Stories written from the point of view of an animal can seem contrived in much the same way as the diary or epistolary point of view. Too much information about things an animal wouldn’t notice or be privy to and it’s going to get awkward. Morpurgo does an excellent job of writing convincingly as a horse. The horse, Joey, tells the story. It’s a story about himself. He reports what he sees and experiences, or what he hears humans say in his presence. Through all that he experiences, he doesn’t complain much, but we can feel with him when he reports as the war wears on; “One by one, we began to lose weight and condition. At the same time, the battles seemed to become more furious and prolonged, and we worked longer and harder hours pulling in front of the gun; we were permanently sore and permanently cold. We ended every day covered in a layer of cold, dripping mud that seemed to seep through and chill us to the bones.”
Much of what makes this story so poignant is the theme of separation. Joey has to leave his mother. He has to leave his friends on the farm. He loses friends in the war. As a real horse would, Joey resists these changes and is disoriented for a time. The human reader probably feels the pain of separation more deeply than Joey does, however, because we do not forget as easily.
On the positive side are the stories within the story about friendship. Joey always does best when he has a friend beside him for comfort. Throughout the story, he has some very good friends, animal and human, and he is a good friend to others. He describes spending the night standing over a dead friend, though everyone else has fled a bombardment. “I knew that once I left him I would be alone in the world again, that I would no longer have his strength and support beside me. So I stayed with him and waited.” He doesn’t move until confronted with the first tank he has ever seen.

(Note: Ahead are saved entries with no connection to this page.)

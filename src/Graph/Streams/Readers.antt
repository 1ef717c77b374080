-- ===== src/Graph/Streams/Readers.antt =====
-- The readers of `Stream` close the stream that they hold.
use llm_agent_flow.Base.{
  ℕ, arith, nat_eq, true, false, ◌≡◌, refl, Option, List, [], ◌∷◌, Bool-cases, inl, inr,
}
use llm_agent_flow.V2.Value.{Value}
use llm_agent_flow.Graph.Types.{GoType, Reflect}
use llm_agent_flow.Graph.Streams.{Streams, close_stream, Concatenator}
use llm_agent_flow.Graph.Builder.Components.{event_type}
use llm_agent_flow.Graph.Streams.Linear.{stream, Reader, boxed, folding, reader_next, reader_close}
use llm_agent_flow.Graph.Streams.Lookups.{AllClosed, Closes}
use llm_agent_flow.Graph.Streams.Steps.{ClosedBut}

pub close_stream-AllClosed :
    (i : ℕ) (t : GoType) (s : Streams) → ClosedBut (stream i t) s → AllClosed (close_stream i s)
unfolding close_stream
close_stream-AllClosed i t s but j low = elim (Bool-cases (nat_eq i j)) [
  | inl e ↦ rw e refl
  | inr e ↦ rw e (but j low (ground arith))
]

-- The calls that a consumer makes.
pub data ReaderCall : Type 0 where
  asks_next asks_close : ReaderCall

abbrev pub Folds : Reader → Type 0
Folds (boxed v done closed) = Unit
Folds (folding i f done closed) = Closes f

-- Of a reader that was not called yet: only its own stream is open.
abbrev pub Owns : Reader → Streams → Type 0
Owns (boxed v done closed) s = AllClosed s
Owns (folding i f done closed) s =
    (done ≡ false) × (closed ≡ false) × ((t : GoType) → ClosedBut (stream i t) s)

module _ (reflect : Reflect) (type_of : Value → Option GoType) (out_t : GoType) where
  abbrev pub answer : ReaderCall → Reader → Streams → Reader × Streams
  answer asks_next r s = let given = reader_next reflect type_of out_t r s in (given.1, given.2)
  answer asks_close r s = reader_close r s

  unfoldable pub answers : List ReaderCall → Reader → Streams → Reader × Streams
  unfolding reader_next reader_close
  answers [] r s = (r, s)
  answers (c ∷ cs) r s = let after = answer c r s in answers cs after.0 after.1

  pub answer-Folds : (c : ReaderCall) (r : Reader) (s : Streams) → Folds r → Folds (answer c r s).0
  unfolding reader_next reader_close
  answer-Folds asks_next (boxed v done true) s closes = tt
  answer-Folds asks_next (boxed v true false) s closes = tt
  answer-Folds asks_next (boxed v false false) s closes = tt
  answer-Folds asks_next (folding i f done true) s closes = closes
  answer-Folds asks_next (folding i f true false) s closes = closes
  answer-Folds asks_next (folding i f false false) s closes = closes
  answer-Folds asks_close (boxed v done closed) s closes = tt
  answer-Folds asks_close (folding i f done closed) s closes = closes

  -- `Next` of a reader whose streams are closed, or that was not called yet.
  folded_closed :
      (i : ℕ) (f : Concatenator) (s : Streams)
      → Closes f
      → ClosedBut (stream i event_type) s
      → AllClosed (close_stream i (f i s).1)
  folded_closed i f s closes but =
      close_stream-AllClosed i event_type (f i s).1
        (λ j low differs. closes.others i j s (but j (ground (arith, closes.opened i s)) differs))

  -- The first call closes what the reader owns.
  pub answer-AllClosed :
      (c : ReaderCall) (r : Reader) (s : Streams) → Folds r → Owns r s → AllClosed (answer c r s).1
  unfolding reader_next reader_close
  answer-AllClosed asks_next (boxed v done true) s closes owns = owns
  answer-AllClosed asks_next (boxed v true false) s closes owns = owns
  answer-AllClosed asks_next (boxed v false false) s closes owns = owns
  answer-AllClosed asks_next (folding i f done true) s closes owns = absurd (ground (arith, owns.1))
  answer-AllClosed asks_next (folding i f true false) s closes owns =
      absurd (ground (arith, owns.0))
  answer-AllClosed asks_next (folding i f false false) s closes owns =
      folded_closed i f s closes (owns.2 event_type)
  answer-AllClosed asks_close (boxed v done closed) s closes owns = owns
  answer-AllClosed asks_close (folding i f true closed) s closes owns =
      absurd (ground (arith, owns.0))
  answer-AllClosed asks_close (folding i f false closed) s closes owns =
      close_stream-AllClosed i event_type s (owns.2 event_type)

  -- Later calls leave the streams closed.
  answer-keeps :
      (c : ReaderCall) (r : Reader) (s : Streams)
      → Folds r
      → AllClosed s
      → AllClosed (answer c r s).1
  unfolding reader_next reader_close
  answer-keeps asks_next (boxed v done true) s closes all = all
  answer-keeps asks_next (boxed v true false) s closes all = all
  answer-keeps asks_next (boxed v false false) s closes all = all
  answer-keeps asks_next (folding i f done true) s closes all = all
  answer-keeps asks_next (folding i f true false) s closes all = all
  answer-keeps asks_next (folding i f false false) s closes all =
      folded_closed i f s closes (λ j low differs. all j low)
  answer-keeps asks_close (boxed v done closed) s closes all = all
  answer-keeps asks_close (folding i f true closed) s closes all = all
  answer-keeps asks_close (folding i f false closed) s closes all =
      close_stream-AllClosed i event_type s (λ j low differs. all j low)

  pub answers-AllClosed :
      (cs : List ReaderCall) (r : Reader) (s : Streams)
      → Folds r
      → AllClosed s
      → AllClosed (answers cs r s).1
  unfolding answers
  answers-AllClosed [] r s closes all = all
  answers-AllClosed (c ∷ cs) r s closes all =
      answers-AllClosed cs (answer c r s).0 (answer c r s).1 (answer-Folds c r s closes)
        (answer-keeps c r s closes all)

Most of the death is dealt with “off stage,” because the death of men doesn’t have the same impact on Joey as it does on us. When one of his owners is killed, he merely says, “and then quite suddenly I found that I had no rider, that I had no weight on my back anymore. . .”
There is a particularly disturbing battle scene in chapter 8 where, “All around me, men cried and fell to the ground, and horses reared and screamed in an agony of fear and pain. The ground erupted on either side of me, throwing horses and riders clear into the air . . . The firing came now from higher up in among the trees, and so the squadron, or what was left of it, regrouped and galloped up into the woods, only to be met by a line of hidden wire in among the trees. Some of the horses ran into the wire before they could be stopped, and stuck there, their riders trying feverishly to extract them. I saw one trooper dismount deliberately once he saw his horse was caught. He pulled out his rifle and shot his mount before falling dead himself on the wire.”
Do you need to know if Joey survives? I’ll tell you at the bottom.
Toward the end, as he begs for help treating a sick Joey, a young man in the veterinary corps does a good job of summing up what is at the heart of the way I feel about the suffering of animals. “Begging your pardon, sir, but I remember you telling us when we first came here that a horse’s life is maybe even more important than a man’s, ‘cause a horse hasn’t got no evil in him except any that’s put there by men.”
A word or two about the movie:
I was skeptical, as I would be about any book I loved being made into a movie, but I kept hearing people saying how moving it was. As moving as the book was for me, I imagined that seeing it actually happening would be even more so. I expected too much. I was underwhelmed. For me, the force was lost because the filmmakers weren’t able to resist making the story about people and their relationships rather than focusing on the horse. It is a touching war story, but just another touching war story. And, of course, the screenplay changes the story quite a bit for no discernible reason. Does Hollywood have so little respect for the intelligence of its viewers that it assumes that we are only able to respond to a few tried and tired motifs? As if they need to say, “Here, let us tell you how to feel about this.” Perhaps we are that jaded. Is there no way to represent the nobility of the horse without having him try to save his friend with a ridiculously unnatural “No, take me instead” gesture?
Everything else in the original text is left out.